La 10e saison du Complexe culturel a démarré sur des chapeaux de roues mercredi soir dernier alors qu’était présenté le nouveau “Big Bazar”, plus de 35 ans après sa création. Enthousiasme délirant, dynamisme constant, sourires radieux, bref une tempête musicale comme on en voit rarement à La Tuque.
En préambule au spectacle, une cérémonie protocolaire avait été tenue où l’on avait, entre autres, dévoilé sur la façade du Complexe de quatre banderoles réalisées par l’artiste peintre latuquoise Francine Bouchard. Celles-ci représentent la musique, le théâtre, la danse et le cinéma.
L’histoire de Petithomme
Le Big Bazar raconte la vie de “Petithomme”, de sa naissance (il apparaît en carrosse sur la scène !) jusqu’à l’âge adulte. Chaque étape importante de sa vie, de l’école à ses premiers amours en passant par son service militaire, est décrite en chanson et musique avec un message nettement de gauche (la troupe a tout de même été mise sur pied en 1972, soit quatre ans après les événements de Mai 68), et l’on distingue très nettement cette poursuite d’égalité et de fraternité tout au long du spectacle.
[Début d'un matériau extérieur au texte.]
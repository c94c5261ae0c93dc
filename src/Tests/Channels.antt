-- ===== src/Tests/Channels.antt =====
-- A copy of one message by the two goroutines, step by step.
use umleitung.Base.{◌≡◌, refl, none, some, List, [], ◌∷◌, arith}
use umleitung.Base.Text.{codes}
use umleitung.Key.{FullMessage}
use umleitung.Mirror.Pipeline.{PendingCopy, by_uid}
use umleitung.Mirror.Channel.{
  Channel, open_channel, send, end_stream, receive, leave, Run, here, next,
}
use umleitung.Mirror.Channel.Order.{IsSequential, Run-IsSequential}
use umleitung.Safety.{Behind}
use umleitung.Safety.Interleaved.{Run-Behind}
use umleitung.Tests.Toy.{
  message_one, content, key_of, key_at, toy, options, Holds, toy-DestLaws, toy-SourceLaws, start,
  start-Behind,
}

abbrev candidate : PendingCopy
candidate = record { uid = 1; key = content message_one; dest_folder = codes "All" }

abbrev pend : List PendingCopy
pend = candidate ∷ []

abbrev messages : List FullMessage
messages = message_one ∷ []

abbrev Runs : Channel toy → Type 0
Runs = Run toy options pend (open_channel toy options pend messages none start)

found : by_uid pend 1 ≡ some candidate
unfolding by_uid
found = refl

-- the message is sent, and taken before the stream ends
abbrev halfway : (s : Channel toy) × Runs s
halfway = (
  _,
  next (next here (send message_one [] candidate refl refl found (omega arith)))
      (receive (record { full = message_one; pc = candidate }) [] refl),
)

abbrev ended : (s : Channel toy) × Runs s
ended = (_, next (next halfway.1 (end_stream refl refl)) (leave none refl refl refl))

Run-IsSequential_example : IsSequential toy options pend messages start ended.0
Run-IsSequential_example = Run-IsSequential toy options pend messages none start ended.1 refl

Run-Behind_example : Behind {E = toy} Holds halfway.0.pipe.world
Run-Behind_example =
    Run-Behind toy options Holds content key_of toy-DestLaws key_at toy-SourceLaws pend start
      (refl, tt) start-Behind none halfway.1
Les paroliers auraient pu tomber facilement dans le piège du moralisme facile, voire factice. Or, il n’en est rien. On sent une authenticité redoutable à cette poésie mise en musique, où le mot juste trouve sa place aisément pour assurer une fluidité limpide et sans obstacle au message. Ce dernier, d’une irréfutable vérité, se révèle toujours et plus que jamais d’actualité aujourd’hui.
Comme on pouvait s’y attendre, ce spectacle à l’origine diffusé dans les années ’70 a attiré plusieurs baby-boomers. Ils formaient la majeure partie de la foule, trop peu nombreuse à mon goût pour un spectacle de cette envergure. N’empêche, tous présents se sont régalés à souhait. Les premières notes des chansons les plus connues se noyaient sous les applaudissements des spectateurs. Car il faut dire que Michel Fugain et sa troupe ont mis au monde plusieurs classiques de la chanson française : “Fais comme l’oiseau”, “La fête”, “Une belle histoire”, “Bravo, monsieur le monde”, etc.
Une scène dénudée et aucun changement de costumes
L’étonnement m’a gagné tout au long du spectacle de constater le minimalisme du décor. Le seul objet qui demeure en vue durant toute la soirée est l’escalier formé de six caissons, tout au fond de la scène. Néanmoins, chaque chanson apporte son lot d’accessoires, chacun bien pensé et bien utilisé. Les spectateurs voient défiler tour à tour des bancs d’école, une table de festin, ou bien encore une immense chaise qui tient lieu de repaire à Petithomme.
Les costumes ont bien fait rire et jaser. Se rappelle-t-on de la mode des années ’70? Si la réponse est négative, disons que le Big Bazar se charge de raviver nos souvenirs. Pantalons éléphants, bas colorés, bonnet français, chemises aux motifs à étourdir les yeux, et plus encore. Et nul changement de costumes de la soirée : chaque comédien conserve le même du début à la fin.
Il faut honorer le talent de chaque membre de cette troupe. Tous sont comédiens, chanteurs et danseurs, et tous remplissent ces rôles admirablement bien. Les harmonies sont impeccables, les interprétations solos laissent s’exprimer de magnifiques voix, et les chorégraphies incarnent le vif du sujet de chaque chanson.
Ce spectacle est une véritable réussite sur toute la ligne. Pour boucler la boucle, il conclut avec l’interprétation énergique de “La fête”, pour clore avec la chanson phare “Tout va changer demain”, acte de foi humaniste qui abolit les frontières du scepticisme universel.